Introduction: Haryana, despite having the third-highest per capita income in India, exhibits profound spatial inequalities in disease burden compounded by pervasive environmental chemical exposures—including airborne particulate matter, groundwater fluoride and arsenic contamination, agrochemical residues, and severe WASH deficits.


Objectives: To examine spatial patterns, temporal transitions, and socioeconomic differentials of morbidity across Haryana's 21 districts from 2004 to 2018, and to evaluate the role of environmental chemical exposures in shaping district-level health risk zones.

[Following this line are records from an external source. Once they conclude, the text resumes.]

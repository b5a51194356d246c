-- ===== src/Roster/Crash.antt =====
-- A save that fails or is cut short by a loss of power, and what the door decides after it boots.
use rfid_access.Base.{
  ℕ, zero, suc, ◌≡◌, refl, sym, ap, ◌∙◌, ◌⊎◌, inl, inr, Bool, true, false, List, [], ◌∷◌, Option,
  none, some, arith, take, drop, Bool-cases,
}
use rfid_access.Roster.{Roster, allows, index_of_hash, search_loop}
use rfid_access.Roster.File.{
  Disk, Outcome, FsOp, remove_tmp, write_tmp, remove_live, rename_tmp, apply_ops, save_ops, save,
  file_bytes, load, load_file, load_body, understood, read_header, header_size, Header,
}
use rfid_access.Roster.RoundTrip.{Fits, load-file_bytes}

-- The power fails after `k` operations; a write that it interrupts leaves the first `n` bytes.
abbrev pub cut : ℕ → ℕ → List FsOp → List FsOp
cut k n [] = []
cut zero n (write_tmp bs ∷ ops) = write_tmp (take n bs) ∷ []
cut zero n (op ∷ ops) = []
cut (suc k) n (op ∷ ops) = op ∷ cut k n ops

-- A save that returns true has put the new file in place; one that returns false has left the file
-- as it was, or, if it was the rename that failed, has left the door without a file.
pub save_live :
    (r : Roster) (d : Disk) (o : Outcome)
    → let (d', ok) = save r d o in
      ((ok ≡ true) × (d'.live ≡ some (file_bytes r)))
      ⊎ ((ok ≡ false) × (d'.live ≡ d.live))
      ⊎ ((ok ≡ false) × (o.renamed ≡ false) × (d'.live ≡ none))
unfolding save save_ops apply_ops
save_live r d o = ground arith

-- The three files that a power cut during a save can leave.
abbrev pub Left : Roster → Disk → Option (List ℕ) → Type 0
Left r d f = (f ≡ d.live) ⊎ (f ≡ none) ⊎ (f ≡ some (file_bytes r))

four_ops :
    (r : Roster) (d : Disk) (k n : ℕ)
    → Left r d
        (apply_ops d
          (cut k n (remove_tmp ∷ write_tmp (file_bytes r) ∷ remove_live ∷ rename_tmp ∷ []))).live
unfolding apply_ops
four_ops r d zero n = inl refl
four_ops r d (suc zero) n = inl refl
four_ops r d (suc (suc zero)) n = inl refl
four_ops r d (suc (suc (suc zero))) n = inr (inl refl)
four_ops r d (suc (suc (suc (suc k)))) n = inr (inr refl)

three_ops :
    (r : Roster) (d : Disk) (k n : ℕ)
    → Left r d
        (apply_ops d (cut k n (remove_tmp ∷ write_tmp (file_bytes r) ∷ remove_live ∷ []))).live
unfolding apply_ops
three_ops r d zero n = inl refl
three_ops r d (suc zero) n = inl refl
three_ops r d (suc (suc zero)) n = inl refl
three_ops r d (suc (suc (suc k))) n = inr (inl refl)

tmp_ops :
    (r : Roster) (d : Disk) (k n : ℕ)
    → Left r d (apply_ops d (cut k n (remove_tmp ∷ remove_tmp ∷ []))).live
unfolding apply_ops
tmp_ops r d zero n = inl refl
tmp_ops r d (suc zero) n = inl refl
tmp_ops r d (suc (suc k)) n = inl refl

one_op : (r : Roster) (d : Disk) (k n : ℕ) → Left r d (apply_ops d (cut k n (remove_tmp ∷ []))).live
unfolding apply_ops
one_op r d zero n = inl refl
one_op r d (suc k) n = inl refl

no_ops : (r : Roster) (d : Disk) (k n : ℕ) → Left r d (apply_ops d (cut k n [])).live
unfolding apply_ops
no_ops r d k n = inl refl

save_ops_cases :
    (r : Roster) (o : Outcome)
    → ((save_ops r o).0 ≡ [])
      ⊎ ((save_ops r o).0 ≡ remove_tmp ∷ [])
      ⊎ ((save_ops r o).0 ≡ remove_tmp ∷ remove_tmp ∷ [])
      ⊎ ((save_ops r o).0 ≡ remove_tmp ∷ write_tmp (file_bytes r) ∷ remove_live ∷ [])
      ⊎ ((save_ops r o).0 ≡ remove_tmp ∷ write_tmp (file_bytes r) ∷ remove_live ∷ rename_tmp ∷ [])
unfolding save_ops
save_ops_cases r o = ground arith

-- Whenever the power fails during a save, and whatever the file system answered, the roster's file
-- is the old one, the complete new one, or missing: never a truncated one.
pub cut_live :
    (r : Roster) (d : Disk) (o : Outcome) (k n : ℕ)
    → Left r d (apply_ops d (cut k n (save_ops r o).0)).live
cut_live r d o k n = elim (save_ops_cases r o) [
  | inl e ↦ rw e (no_ops r d k n)
  | inr (inl e) ↦ rw e (one_op r d k n)
  | inr (inr (inl e)) ↦ rw e (tmp_ops r d k n)
  | inr (inr (inr (inl e))) ↦ rw e (three_ops r d k n)
  | inr (inr (inr (inr e))) ↦ rw e (four_ops r d k n)
]

load_body_rejects :
    (s : Roster) (h : Header) (body : List ℕ)
    → (load_body s h body).1 ≡ false
    → (load_body s h body).0.entries ≡ s.entries
unfolding load_body
load_body_rejects s h body e = ground arith

load_file_rejects :
    (s : Roster) (file : Option (List ℕ)) (fresh : ℕ)
    → (load_file s file fresh).1 ≡ false
    → (load_file s file fresh).0.entries ≡ s.entries
unfolding load_file
load_file_rejects s none fresh e = refl
load_file_rejects s (some bs) fresh e = elim (Bool-cases (understood bs)) [
  | inl good ↦
      rw (good, load_file)
        (load_body_rejects s (read_header bs) (drop header_size bs) (rw (good, load_file) at e))
  | inr bad ↦ rw (bad, load_file) refl
]

load_rejects_entries :
    (s : Roster) (mounted : Bool) (file : Option (List ℕ)) (fresh : ℕ)
    → (load s mounted file fresh).1 ≡ false
    → (load s mounted file fresh).0.entries ≡ []
unfolding load
load_rejects_entries s true file fresh e =
    load_file_rejects (record s { entries = []; rev = 0; persistent = true }) file fresh e
load_rejects_entries s false file fresh e = refl

module _ (sha256 : List ℕ → List ℕ) where
  allows-entries :
      (r s : Roster) (c : List ℕ)
      → r.entries ≡ s.entries
      → r.salt ≡ s.salt
      → allows sha256 r c ≡ allows sha256 s c
  unfolding allows
  allows-entries r s c p q = rw (p, q) refl

  allows-nobody : (r : Roster) (c : List ℕ) → r.entries ≡ [] → allows sha256 r c ≡ false
  unfolding allows index_of_hash search_loop
  allows-nobody r c p = rw p (ground arith)

  pub load-none :
      (s : Roster) (fresh : ℕ) (c : List ℕ) → allows sha256 (load s true none fresh).0 c ≡ false
  unfolding load load_file
  load-none s fresh c = allows-nobody _ c refl

  -- What is loaded from the new file admits what the roster admits.
  pub loaded_admits :
      (r s : Roster) (fresh : ℕ) (c : List ℕ)
      → Fits r
      → allows sha256 (load s true (some (file_bytes r)) fresh).0 c ≡ true
      → allows sha256 r c ≡ true
  loaded_admits r s fresh c f h =
      let e = load-file_bytes r s fresh f in
      allows-entries r (load s true (some (file_bytes r)) fresh).0 c
        (sym (ap (λ (y : Roster × Bool). y.0.entries) e))
        (sym (ap (λ (y : Roster × Bool). y.0.salt) e))
      ∙ h

  -- A power cut between the removal of the old file and the rename of the new one leaves neither:
  -- the door boots with no error, refuses every credential, and finds no roster file.
  pub cut_gap :
      (r s : Roster) (d : Disk) (o : Outcome) (n fresh : ℕ) (c : List ℕ)
      → r.persistent ≡ true
      → o.opened ≡ true
      → o.wrote_header ≡ true
      → o.wrote_entries ≡ true
      → let d' = apply_ops d (cut 3 n (save_ops r o).0) in
        (d'.live ≡ none)
        × ((load s true d'.live fresh).1 ≡ true)
        × (allows sha256 (load s true d'.live fresh).0 c ≡ false)
  cut_gap r s d o n fresh c p a b e =
      let gone = missing in
      (gone, rw gone (unfold load load_file in refl), rw gone (load-none s fresh c))
    where
      missing : (apply_ops d (cut 3 n (save_ops r o).0)).live ≡ none
      missing = unfold save_ops apply_ops in ground arith

  -- A file that load rejects leaves the roster empty: the door then refuses every credential.
  pub load_rejects :
      (s : Roster) (mounted : Bool) (file : Option (List ℕ)) (fresh : ℕ) (c : List ℕ)
      → (load s mounted file fresh).1 ≡ false
      → allows sha256 (load s mounted file fresh).0 c ≡ false
  load_rejects s mounted file fresh c h =
      allows-nobody _ c (load_rejects_entries s mounted file fresh h)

Methods: Unit-level micro-data from three NSSO rounds (60th/2004, 71st/2014, 75th/2017–18) were analysed using bivariate analysis, prevalence-based odds ratios, coefficients of variation, Pearson correlations, and spatial environmental correlation analysis drawing on CGWB (2020), HPCB (2021), and NFHS-5 (2021) data.


Results: State-level non-chronic morbidity declined 60.6% from 94 to 37 per 1,000 population (2004–2018); total morbidity declined from 94 to 59 per 1,000. Inter-district CV narrowed from 92.8% to 50.2%. A near-zero Pearson correlation (r=0.088) between 2004 and 2018 district rankings indicates fundamental geographic reshuffling. Air pollution correlated positively with morbidity (r=0.62), WASH deprivation with infectious disease (r=0.61), and groundwater fluoride with disability morbidity (r=0.54). Women, elderly, SC/ST communities, and the educationally disadvantaged carried disproportionate burdens.


Conclusions: Environmental chemical exposures constitute active, spatially structured determinants of morbidity in Haryana. Targeted environmental health regulation, district-specific chemical risk mitigation, and equity-sensitive health programming are urgently required.